Now we can emulate in iteration that the method is called 300 times with the expected payload.

In [None]:
for i in range(300):
    result = process_data(input_list[i])
    if result is not None: print(i, result) 

# Create entrypoint

The entrypoint can in this case simply delegate to the function defined above.

In [None]:
def process_input(data: dict):

    return process_data(data)

# Try it with an example

With each input `process_input(...)` will be triggered. The function will return `None` until `window_size` is reached. When the input completes a window, the function gives back a prediction.

In [None]:
output_list = []
for input_data in input_list[:window_size]:
    output_list.append(process_input(input_data))
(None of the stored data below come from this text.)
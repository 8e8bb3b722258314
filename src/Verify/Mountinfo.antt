-- ===== src/Verify/Mountinfo.antt =====
-- /proc/self/mountinfo: parseMountinfo with its field decoding, and classifyMountEntries.
pub mod Visible
pub mod Escape
use mathlib.Core.Option
use kde_nasmount.Prelude.{
  ℕ, Bool, true, false, not, ◌&&◌, ◌||◌, Option, none, some, List, [], ◌∷◌, ◌++◌, ◌==◌,
  if◌then◌else◌,
}
use kde_nasmount.Qt.{Qt}
use kde_nasmount.Text.{Text, codes, line_feed, text_eq, is_some}
use kde_nasmount.Text.Split.{split, drop_empty}

-- qint64, as far as the program uses it: the ids are compared, no more.
pub data ℤ : Type 0 where
  pos negsuc : ℕ → ℤ

abbrev pub same_id : ℤ → ℤ → Bool
same_id (pos m) (pos n) = m == n
same_id (negsuc m) (negsuc n) = m == n
same_id _ _ = false

pub record MountEntry : Type 0 where
  pub mount_id : ℤ
  pub parent_id : ℤ
  pub mount_point : Text
  pub filesystem_type : Text
  pub mount_source : Text

-- replace("\\abc", r): a backslash and three digits become one unit.
unfoldable pub replace_octal : ℕ → ℕ → ℕ → ℕ → Text → Text
replace_octal a b c r (w ∷ x ∷ y ∷ z ∷ t) = elim (w == b'\\' && (x == a && (y == b && z == c))) [
  | true ↦ r ∷ replace_octal a b c r t
  | false ↦ w ∷ replace_octal a b c r (x ∷ y ∷ z ∷ t)
]
replace_octal a b c r t = t

unfoldable pub unescape_mountinfo_field : Text → Text
unfolding replace_octal
unescape_mountinfo_field field = replace_octal b'1' b'3' b'4' b'\\' (
    replace_octal b'0' b'1' b'2' line_feed
      (replace_octal b'0' b'1' b'1' 9 (replace_octal b'0' b'4' b'0' b' ' field)))

-- the fields behind the first "-"
unfoldable pub after_separator : List Text → List Text
unfolding text_eq
after_separator [] = []
after_separator (f ∷ fs) =
    let rest = after_separator fs in if text_eq f (codes "-") then fs else rest

module _ (to_long_long : Text → Option ℤ) where
  -- the entry of a line, with the fields from the sixth on searched for the separator
  entry_of : Text → Text → Text → List Text → Option MountEntry
  unfolding unescape_mountinfo_field
  entry_of mount_id_field parent_id_field point (kind ∷ source ∷ _) =
      elim (to_long_long mount_id_field) [
        | none ↦ none
        | some this ↦
            Option.map
              (λ parent. record {
                mount_id = this;
                parent_id = parent;
                mount_point = unescape_mountinfo_field point;
                filesystem_type = kind;
                mount_source = unescape_mountinfo_field source;
              })
              (to_long_long parent_id_field)
      ]
  entry_of _ _ _ _ = none

  unfoldable pub parse_fields : List Text → Option MountEntry
  unfolding after_separator entry_of
  parse_fields (i ∷ p ∷ _ ∷ _ ∷ point ∷ _ ∷ rest) = entry_of i p point (after_separator rest)
  parse_fields _ = none

  unfoldable pub keep_some : Option MountEntry → List MountEntry → List MountEntry
  keep_some none es = es
  keep_some (some e) es = e ∷ es

  unfoldable pub parse_lines : List Text → List MountEntry
  unfolding split drop_empty parse_fields keep_some
  parse_lines [] = []
  parse_lines (l ∷ ls) = keep_some (parse_fields (drop_empty (split b' ' l))) (parse_lines ls)

  unfoldable pub parse_mountinfo : Text → List MountEntry
  unfolding parse_lines
  parse_mountinfo content = parse_lines (drop_empty (split line_feed content))

pub data MountState : Type 0 where
  absent present indeterminate : MountState

pub data VerificationState : Type 0 where
  not_applicable match_ mismatch indeterminate : VerificationState

pub record MountClassification : Type 0 where
  pub mount : MountState
  pub verification : VerificationState

abbrev pub unknown : MountClassification
unknown = record {
  mount = MountState.indeterminate;
  verification = VerificationState.indeterminate;
}

abbrev pub nothing_mounted : MountClassification
nothing_mounted = record {
  mount = MountState.absent;
  verification = VerificationState.not_applicable;
}

-- the entries at the target, in their order
unfoldable pub stack_at : Text → List MountEntry → List MountEntry
unfolding text_eq
stack_at target [] = []
stack_at target (e ∷ es) =
    let rest = stack_at target es in if text_eq e.mount_point target then e ∷ rest else rest

-- some entry of the list is mounted on the mount with this id
unfoldable pub any_on : ℤ → List MountEntry → Bool
any_on i [] = false
any_on i (e ∷ es) = same_id e.parent_id i || any_on i es

-- The outcome of the search for the visible mount.
pub data Top : Type 0 where
  ambiguous no_top : Top
  top : MountEntry → Top

found_top : Option MountEntry → Top
found_top none = no_top
found_top (some e) = top e

-- the loop over the stack; the first list holds the entries before the current one
unfoldable pub find_top : List MountEntry → Option MountEntry → List MountEntry → Top
unfolding any_on found_top
find_top before found [] = found_top found
find_top before found (candidate ∷ after) =
    let covered = any_on candidate.mount_id (before ++ after) in
    let next =
      find_top (before ++ (candidate ∷ [])) (if covered then found else some candidate) after in
    if not covered && is_some found then ambiguous else next

unfoldable pub classify_top : Text → Top → MountClassification
unfolding text_eq
classify_top expected_what (top e) =
    if text_eq e.filesystem_type (codes "cifs")
    then record {
      mount = MountState.present;
      verification =
          if text_eq e.mount_source expected_what
          then VerificationState.match_
          else VerificationState.mismatch;
    }
    else if text_eq e.filesystem_type (codes "autofs")
    then nothing_mounted
    else record { mount = MountState.present; verification = VerificationState.mismatch }
classify_top _ _ = unknown

unfoldable pub classify_stack : Text → List MountEntry → MountClassification
unfolding find_top classify_top
classify_stack expected_what [] = nothing_mounted
classify_stack expected_what (e ∷ es) = classify_top expected_what (find_top [] none (e ∷ es))

unfoldable pub classify_mount_entries : Qt → List MountEntry → Text → Text → MountClassification
unfolding stack_at classify_stack
classify_mount_entries qt entries canonical_mount_point expected_what =
    classify_stack expected_what (stack_at (qt.clean_path canonical_mount_point) entries)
[output for output in output_list if output]

# Allow parameter updates

AI Inference Server allows you to change predefined parameters in your pipeline at runtime. This way you can set your variables while the pipeline is running. For example, we can change our `step_size` to produce predictions more frequently.

In [None]:
def update_parameters(params: dict):
    global step_size
    step_size = params.get("step_size", step_size)

Now for the sake of example, we will calculate predictions for 900 datapoints, with the original step size of 300. That means we will have 3 predictions:

In [None]:
output_list = []
for input_data in input_list[:window_size*3]:
    output_list.append(process_input(input_data))

[output for output in output_list if output]

When we change the step size to 100, and calculate predictions for the same 900 datapoints, we will get 7 predictions, because we need 300 datapoints for the first window, and then we produce a new prediction after each 100th datapoint.

In [None]:
(300 / 300 ) + (900 - 300) / 100

In [None]:
update_parameters({'step_size': 100})

output_list = []
for input_data in input_list[:window_size*3]:
    output_list.append(process_input(input_data))

[output for output in output_list if output]

# Return metrics

You can return multiple outputs, and some of those outputs can serve as custom metrics for your running model.

When returning such custom metric outputs, the int or float value must be serialized in a specific way, like in the example below.

The metrics have to be defined separately when creating a pipeline component.

In [None]:
import json
import numpy

aggregated_data = numpy.empty((0, len(input_columns)), int)

def process_data(input_dict: dict):
    global aggregated_data
    
    values = [[numpy.nan if input_dict[variable] is None else input_dict[variable] for variable in input_columns]]
    aggregated_data = numpy.append(aggregated_data, values, axis=0)

    if len(aggregated_data) >= window_size:
        output = {output_name: predict(pipe, aggregated_data)}
        features = pipe["preprocessing"].transform(aggregated_data)[0]
        output["model_input_min"]  = metric_output(features[0])
        output["model_input_max"]  = metric_output(features[1])
        output["model_input_mean"] = metric_output(features[2])
        aggregated_data = aggregated_data[step_size:]
        return output

    return None

def metric_output(v: int or float):
    return json.dumps({"value": v})

In [None]:
for i in range(300):
    result = process_data(input_list[i])
    if result is not None: print(i, result) 

Once the inference wrapper runs the way you desire, you can update the code in [entrypoint.py](../entrypoint.py) and [inference.py](../src/si/inference.py) to match yours, and create an edge package in notebook [30-CreatePipelinePackage](30-CreatePipelinePackage.ipynb).